In Bee Movie, an animated feature from 2007, a friendship between a bee (voiced by Jerry Seinfeld) and a young woman (Renee Zellweger) leads to the world’s bee population reclaiming the honey it produces.
A decade later, a young woman who is real and with a self-described “penchant for cute, round things” — working with NVIDIA engineers and GPU-powered deep learning — may help to minimize the impact of a destructive parasite and lead to domesticated bees being returned to the almond-shape hive design that serves them so well in the wild.
Jade Greenberg, a 17-year-old junior at Pascack Hills High School in Bergen County, N.J., zeroed in on honey bees and the causes of colony collapse as the subject of a research project for her molecular genetics class.
Eventually, Greenberg focused on the threat posed by Varroa mites, a parasite thought to be one of the most frequent causes of collapses of domestic hives. Her research has led her to postulate that the long-accepted design of the Langstroth hive — the cabinet-like standard since its introduction in the 1850s — is a big reason Varroa mites have become such a big problem.
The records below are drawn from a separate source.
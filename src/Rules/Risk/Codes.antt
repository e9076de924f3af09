-- ===== src/Rules/Risk/Codes.antt =====
-- `sorted(set(ids))` of rules/risk.py: which ids it holds, and their order.
use Prim.Native.Nat.{ℕ, Ordering, compare as compare_ℕ}
use Prim.Native.String.{compare}
use kyc_agent_nordvik.Prelude.{
  ◌≡◌, refl, ◌⊎◌, inl, inr, ◌||◌, List, [], ◌∷◌, eq_iff, String, arith, All, All-map_of,
}
use kyc_agent_nordvik.Schemas.Ids
use kyc_agent_nordvik.Schemas.Ids.{RuleId, value, elem, same_rule, value-injective}
use kyc_agent_nordvik.Rules.Risk.{insert_id, sorted_set}

Ordering-cases : (o : Ordering) → (o ≡ Ordering.lt) ⊎ ((o ≡ Ordering.eq) ⊎ (o ≡ Ordering.gt))
Ordering-cases Ordering.lt = inl refl
Ordering-cases Ordering.eq = inr (inl refl)
Ordering-cases Ordering.gt = inr (inr refl)

same_text : (s t : String) → compare s t ≡ Ordering.eq → s ≡ t
same_text s t e = (eq_iff s t).0 (rw e)

elem-insert_id :
    (r q : RuleId) (ids : List RuleId) → elem q (insert_id r ids) ≡ (same_rule r q || elem q ids)
unfolding insert_id
elem-insert_id r q [] = refl
elem-insert_id r q (s ∷ ids) = elim (Ordering-cases (compare (value r) (value s))) [
  | inl e ↦ rw (e, insert_id) refl
  | inr (inl e) ↦
      let same : r ≡ s = value-injective r s (same_text (value r) (value s) e) in
      rw (e, insert_id) (rw same (ground arith))
  | inr (inr e) ↦ rw (e, insert_id) (ground (arith, elem-insert_id r q ids))
]

-- The sorted set holds exactly the ids of the list.
pub elem-sorted_set : (q : RuleId) (ids : List RuleId) → elem q (sorted_set ids) ≡ elem q ids
unfolding sorted_set
elem-sorted_set q [] = refl
elem-sorted_set q (r ∷ ids) = rw (elem-insert_id r q (sorted_set ids)) (rw (elem-sorted_set q ids))

-- The place of an id in the order of the texts.
abbrev rank : RuleId → ℕ
rank Ids.incomplete_package = 11
rank Ids.doc_expired = 7
rank Ids.name_mismatch = 13
rank Ids.dob_mismatch = 5
rank Ids.address_mismatch = 0
rank Ids.company_name_mismatch = 2
rank Ids.reg_number_mismatch = 16
rank Ids.extraction_incomplete = 9
rank Ids.evaluator_discrepancy = 8
rank Ids.sanctions_hit = 17
rank Ids.pep_match = 14
rank Ids.high_volume = 10
rank Ids.low_confidence = 12
rank Ids.critical_mismatch = 3
rank Ids.registry_unavailable = 15
rank Ids.ubo_sanctions_or_pep = 18
rank Ids.document_expired = 6
rank Ids.all_checks_passed = 1
rank Ids.degraded_to_manual = 4
rank Ids.unreadable_document = 19

compare_trans :
    (a b c : ℕ)
    → compare_ℕ a b ≡ Ordering.lt
    → compare_ℕ b c ≡ Ordering.lt
    → compare_ℕ a c ≡ Ordering.lt
compare_trans a b c h k = ground arith

compare_flip : (a b : ℕ) → compare_ℕ a b ≡ Ordering.gt → compare_ℕ b a ≡ Ordering.lt
compare_flip a b h = ground arith

compare-value : (r s : RuleId) → compare (value r) (value s) ≡ compare_ℕ (rank r) (rank s)
compare-value Ids.incomplete_package Ids.incomplete_package = refl
compare-value _ Ids.incomplete_package = refl
compare-value _ _ = refl

abbrev Before : RuleId → RuleId → Type 0
Before r s = compare (value r) (value s) ≡ Ordering.lt

Before-trans : (r s t : RuleId) → Before r s → Before s t → Before r t
Before-trans r s t =
    rw (compare-value r s, compare-value s t, compare-value r t)
      (compare_trans (rank r) (rank s) (rank t))

Before-of_gt : (r s : RuleId) → compare (value r) (value s) ≡ Ordering.gt → Before s r
Before-of_gt r s = rw (compare-value r s, compare-value s r) (compare_flip (rank r) (rank s))

-- Each id stands before those behind it in the order of the texts, so none stands twice.
abbrev pub IsAscending : List RuleId → Type 0
IsAscending [] = Unit
IsAscending (r ∷ ids) = All (Before r) ids × IsAscending ids

Before-insert_id :
    (r q : RuleId) (ids : List RuleId)
    → Before q r
    → All (Before q) ids
    → All (Before q) (insert_id r ids)
unfolding insert_id
Before-insert_id r q [] h hs = (h, tt)
Before-insert_id r q (s ∷ ids) h hs = elim (Ordering-cases (compare (value r) (value s))) [
  | inl e ↦ rw (e, insert_id) (h, hs)
  | inr (inl e) ↦ rw (e, insert_id) hs
  | inr (inr e) ↦ rw (e, insert_id) (hs.0, Before-insert_id r q ids h hs.1)
]

insert_id-IsAscending :
    (r : RuleId) (ids : List RuleId) → IsAscending ids → IsAscending (insert_id r ids)
unfolding insert_id
insert_id-IsAscending r [] h = (tt, tt)
insert_id-IsAscending r (s ∷ ids) h = elim (Ordering-cases (compare (value r) (value s))) [
  | inl e ↦ rw (e, insert_id) ((e, All-map_of _ _ ids (λ t. Before-trans r s t e) h.0), h)
  | inr (inl e) ↦ rw (e, insert_id) h
  | inr (inr e) ↦
      rw (e, insert_id)
        (Before-insert_id r s ids (Before-of_gt r s e) h.0, insert_id-IsAscending r ids h.1)
]

-- The sorted set is strictly ascending in the order of the ids' texts, so it holds none twice.
pub sorted_set-IsAscending : (ids : List RuleId) → IsAscending (sorted_set ids)
unfolding sorted_set
sorted_set-IsAscending [] = tt
sorted_set-IsAscending (r ∷ ids) = insert_id-IsAscending r _ (sorted_set-IsAscending ids)
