-- ===== src/Rules/Risk/Triggers.antt =====
-- The escalation triggers of rules/risk.py: which rules fire, and the risk level that follows.
use kyc_agent_nordvik.Prelude.{
  ◌≡◌, refl, ◌↔◌, ◌≤◌, Bool, false, ◌&&◌, ◌||◌, List, [], ◌∷◌, map, arith, any, any-append,
  nonempty, nonempty-select, select, ap, ◌∙◌, if◌then◌else◌, ltb,
}
use kyc_agent_nordvik.Python.{Python, Score}
use kyc_agent_nordvik.Schemas.Ids
use kyc_agent_nordvik.Schemas.Ids.{RuleId, same_rule, elem, critical_mismatch_sources}
use kyc_agent_nordvik.Schemas.Case.{CustomerType, individual, business, Amount}
use kyc_agent_nordvik.Schemas.Decisions.{
  Severity, critical, warning, RuleFlag, RegistryHit, Registry, low, medium, high,
}
use kyc_agent_nordvik.Rules.Risk.{
  RiskThresholds, evaluate_risk_rules, is_critical, is_critical_mismatch, limit_for, risk_level,
  unavailable_flag, is_high_risk,
}

-- A critical flag of one of the rules that compare what was declared with what was read.
abbrev pub mismatch_of : Severity → RuleId → Bool
mismatch_of warning r = false
mismatch_of critical r =
    same_rule Ids.name_mismatch r
    || same_rule Ids.dob_mismatch r
    || same_rule Ids.company_name_mismatch r
    || same_rule Ids.reg_number_mismatch r
    || same_rule Ids.evaluator_discrepancy r

abbrev pub shows_mismatch : RuleFlag → Bool
shows_mismatch f = mismatch_of f.severity f.rule_id

mismatch_of-eq :
    (s : Severity) (r : RuleId)
    → (elem r critical_mismatch_sources && is_critical s) ≡ mismatch_of s r
mismatch_of-eq warning r = ground arith
mismatch_of-eq critical r = ground arith

any_mismatch-eq :
    (flags : List RuleFlag) → any is_critical_mismatch flags ≡ any shows_mismatch flags
any_mismatch-eq [] = refl
any_mismatch-eq (f ∷ flags) =
    rw (mismatch_of-eq f.severity f.rule_id)
      (ap (λ b. shows_mismatch f || b) (any_mismatch-eq flags))

-- A flag of this rule is among the triggers.
abbrev pub fired : RuleId → List RuleFlag → Bool
fired r triggers = any (λ f. same_rule f.rule_id r) triggers

module _ (py : Python) where
  fired-unavailable :
      (r : RuleId) (l : List Registry)
      → fired r (map (unavailable_flag py) l) ≡ (same_rule Ids.registry_unavailable r && nonempty l)
  unfolding unavailable_flag
  fired-unavailable r [] = ground arith
  fired-unavailable r (x ∷ l) = ground (arith, fired-unavailable r l)

  high-unavailable :
      (l : List Registry) → any is_high_risk (map (unavailable_flag py) l) ≡ nonempty l
  unfolding unavailable_flag
  high-unavailable [] = refl
  high-unavailable (x ∷ l) = refl

  nonempty-unavailable : (l : List Registry) → nonempty (map (unavailable_flag py) l) ≡ nonempty l
  nonempty-unavailable [] = refl
  nonempty-unavailable (x ∷ l) = refl

module _ (py : Python) (customer : CustomerType) (volume : Amount) (confidence : Score)
    (flags : List RuleFlag) (sanctions_hits pep_hits ubo_hits : List RegistryHit)
    (unavailable : List Registry) (t : RiskThresholds) where
  abbrev triggers : List RuleFlag
  triggers =
      evaluate_risk_rules py customer volume confidence flags sanctions_hits pep_hits ubo_hits
        unavailable t

  -- The volume is over the limit that the thresholds have for a customer of this type.
  abbrev pub is_over_limit : CustomerType → Bool
  is_over_limit individual = ltb t.high_volume_individual_eur volume
  is_over_limit business = ltb t.high_volume_business_eur volume

  -- When each rule is to fire, and no other rule is.
  abbrev pub expected : RuleId → Bool
  expected Ids.sanctions_hit = nonempty sanctions_hits
  expected Ids.pep_match = nonempty pep_hits
  expected Ids.ubo_sanctions_or_pep = nonempty ubo_hits
  expected Ids.high_volume = is_over_limit customer
  expected Ids.low_confidence = ltb confidence t.confidence
  expected Ids.critical_mismatch = any shows_mismatch flags
  expected Ids.registry_unavailable = nonempty unavailable
  expected _ = false

  over_limit-eq : (c : CustomerType) → ltb (limit_for c t) volume ≡ is_over_limit c
  over_limit-eq individual = refl
  over_limit-eq business = refl

  mismatches-eq : nonempty (select is_critical_mismatch flags) ≡ any shows_mismatch flags
  mismatches-eq = nonempty-select is_critical_mismatch flags ∙ any_mismatch-eq flags

  -- A rule fires exactly under its own condition: a hit of the registry that it is about, a volume
  -- over the limit of the customer's type, a confidence below its threshold, a critical flag of one
  -- of the five mismatch rules, a registry that is missing. The rules that are no escalation triggers
  -- never fire.
  pub fired-evaluate_risk_rules : (r : RuleId) → fired r triggers ≡ expected r
  unfolding evaluate_risk_rules
  fired-evaluate_risk_rules Ids.sanctions_hit = simp any-append (
      ground (
        arith,
        over_limit-eq customer,
        mismatches-eq,
        fired-unavailable py Ids.sanctions_hit unavailable,
      ))
  fired-evaluate_risk_rules r =
      simp any-append
        (ground (arith, over_limit-eq customer, mismatches-eq, fired-unavailable py r unavailable))

  -- No trigger fires exactly when there is no hit and no registry is missing, the volume is at most
  -- its limit, the confidence is at least its threshold, and no flag is a critical mismatch.
  pub evaluate_risk_rules-eq-nil_iff : (triggers ≡ []) ↔ (
      (sanctions_hits ≡ [])
      × (pep_hits ≡ [])
      × (ubo_hits ≡ [])
      × (unavailable ≡ [])
      × (volume ≤ limit_for customer t)
      × (t.confidence ≤ confidence)
      × (any is_critical_mismatch flags ≡ false))
  unfolding evaluate_risk_rules
  evaluate_risk_rules-eq-nil_iff = ground (arith, nonempty-select is_critical_mismatch flags)

  -- The level of the triggers is high when there is a hit or a registry is missing; otherwise it is
  -- medium when the volume, the confidence or a mismatch calls for it, and low when nothing does.
  pub risk_level-evaluate_risk_rules : risk_level triggers ≡ (
      if nonempty sanctions_hits || nonempty pep_hits || nonempty ubo_hits || nonempty unavailable
      then high
      else if ltb (limit_for customer t) volume
          || ltb confidence t.confidence
          || any is_critical_mismatch flags
      then medium
      else low)
  unfolding evaluate_risk_rules risk_level
  risk_level-evaluate_risk_rules =
      simp any-append (
        ground (arith, nonempty-select is_critical_mismatch flags, high-unavailable py unavailable))
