-- ===== src/Rules/Risk/Gate.antt =====
-- The decision matrix of rules/risk.py.
use kyc_agent_nordvik.Prelude.{
  ◌≡◌, refl, ◌≢◌, ◌↔◌, ◌⊎◌, Bool, true, false, ◌&&◌, ◌||◌, Option, none, List, [], ◌∷◌, map, arith,
  any, any-append, nonempty-select,
}
use kyc_agent_nordvik.Schemas.Ids.{RuleId, elem, same_rule, degraded_to_manual}
use kyc_agent_nordvik.Schemas.Decisions.{RuleFlag, approve, reject, escalate}
use kyc_agent_nordvik.Rules.Risk.{decide_gate, is_expired, rule_id_of, sorted_set}
use kyc_agent_nordvik.Rules.Risk.Codes.{elem-sorted_set}
use kyc_agent_nordvik.Rules.Risk.Triggers.{fired}

-- A case is approved exactly when its package is complete, no document has expired, no escalation
-- trigger fired and the case is not degraded.
pub decide_gate-approve_iff :
    (c : Option RuleFlag) (flags triggers : List RuleFlag) (degraded : Bool)
    → ((decide_gate c flags triggers degraded).outcome ≡ approve)
      ↔ ((c ≡ none) × (any is_expired flags ≡ false) × (triggers ≡ []) × (degraded ≡ false))
unfolding decide_gate
decide_gate-approve_iff c flags triggers degraded = ground (arith, nonempty-select is_expired flags)

-- A case is rejected exactly when it is not degraded and either its package is incomplete, or a
-- document has expired and no escalation trigger fired.
pub decide_gate-reject_iff :
    (c : Option RuleFlag) (flags triggers : List RuleFlag) (degraded : Bool)
    → ((decide_gate c flags triggers degraded).outcome ≡ reject)
      ↔ ((degraded ≡ false) × ((c ≢ none) ⊎ ((any is_expired flags ≡ true) × (triggers ≡ []))))
unfolding decide_gate
decide_gate-reject_iff c flags triggers degraded = ground (arith, nonempty-select is_expired flags)

-- A degraded case is never decided by the system.
pub decide_gate-degraded :
    (c : Option RuleFlag) (flags triggers : List RuleFlag)
    → (decide_gate c flags triggers true).outcome ≡ escalate
unfolding decide_gate
decide_gate-degraded c flags triggers = ground arith

elem-ids : (q : RuleId) (flags : List RuleFlag) → elem q (map rule_id_of flags) ≡ fired q flags
elem-ids q [] = refl
elem-ids q (f ∷ flags) = ground (arith, elem-ids q flags)

-- The reason codes of an escalation are the rules of the triggers, and DEGRADED_TO_MANUAL if the
-- case is degraded, and no other.
pub decide_gate_codes :
    (c : Option RuleFlag) (flags triggers : List RuleFlag) (degraded : Bool)
    → (decide_gate c flags triggers degraded).outcome ≡ escalate
    → (q : RuleId)
    → elem q (decide_gate c flags triggers degraded).reason_codes
      ≡ (fired q triggers || degraded && same_rule degraded_to_manual q)
unfolding decide_gate
decide_gate_codes c flags triggers degraded h q = ground (
  arith,
  any-append (λ s. same_rule s q) (sorted_set (map rule_id_of triggers)) (degraded_to_manual ∷ []),
  any-append (λ s. same_rule s q) (sorted_set (map rule_id_of triggers)) [],
  elem-sorted_set q (map rule_id_of triggers),
  elem-ids q triggers,
)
NVIDIA, GPUs and deep learning came into the picture when Jade’s father, a solutions engineer at Kinetica, teamed with Jacci Cenci, an NVIDIA solution architect, and they started applying their companies’ respective technologies to the problem. Linking sensors and cameras to a convolutional neural network, Cenci’s team began collecting data on hive conditions such as weight, humidity, temperature and population.
Ramping Up Detection
A variety of deep learning and machine learning technologies — including NVIDIA’s Jetson TX2 development kit, an NVIDIA DGX Station, TensorRT, a high-performance deep learning inference optimizer and the Microsoft Cognitive Toolkit deep learning framework — combine to rapidly detect and warn against the presence of Varroa mites.
The stack of NVIDIA hardware and software is able to optimize, validate and deploy trained neural networks for inferencing in the field, thereby alerting beekeepers of the potential for infestation sooner.
“If the weight decreases, the hive could be sick and bees are leaving. If the hive is heavy, it could mean lots of swarming, or high humidity might be present, which increases the odds of mite infestation,” said Cenci.
Armed with this extra information, which is converted into useful charts and graphs using Kinetica’s GPU-accelerated insight engine, Greenberg moved steadily from simply studying the problem to crafting a solution.
“We have better ways of collecting data, and we have better ways of observing bees in more detailed ways,” she said. “I’m surprised that this industry hasn’t moved past something designed in the 19thcentury. It’s time for a change.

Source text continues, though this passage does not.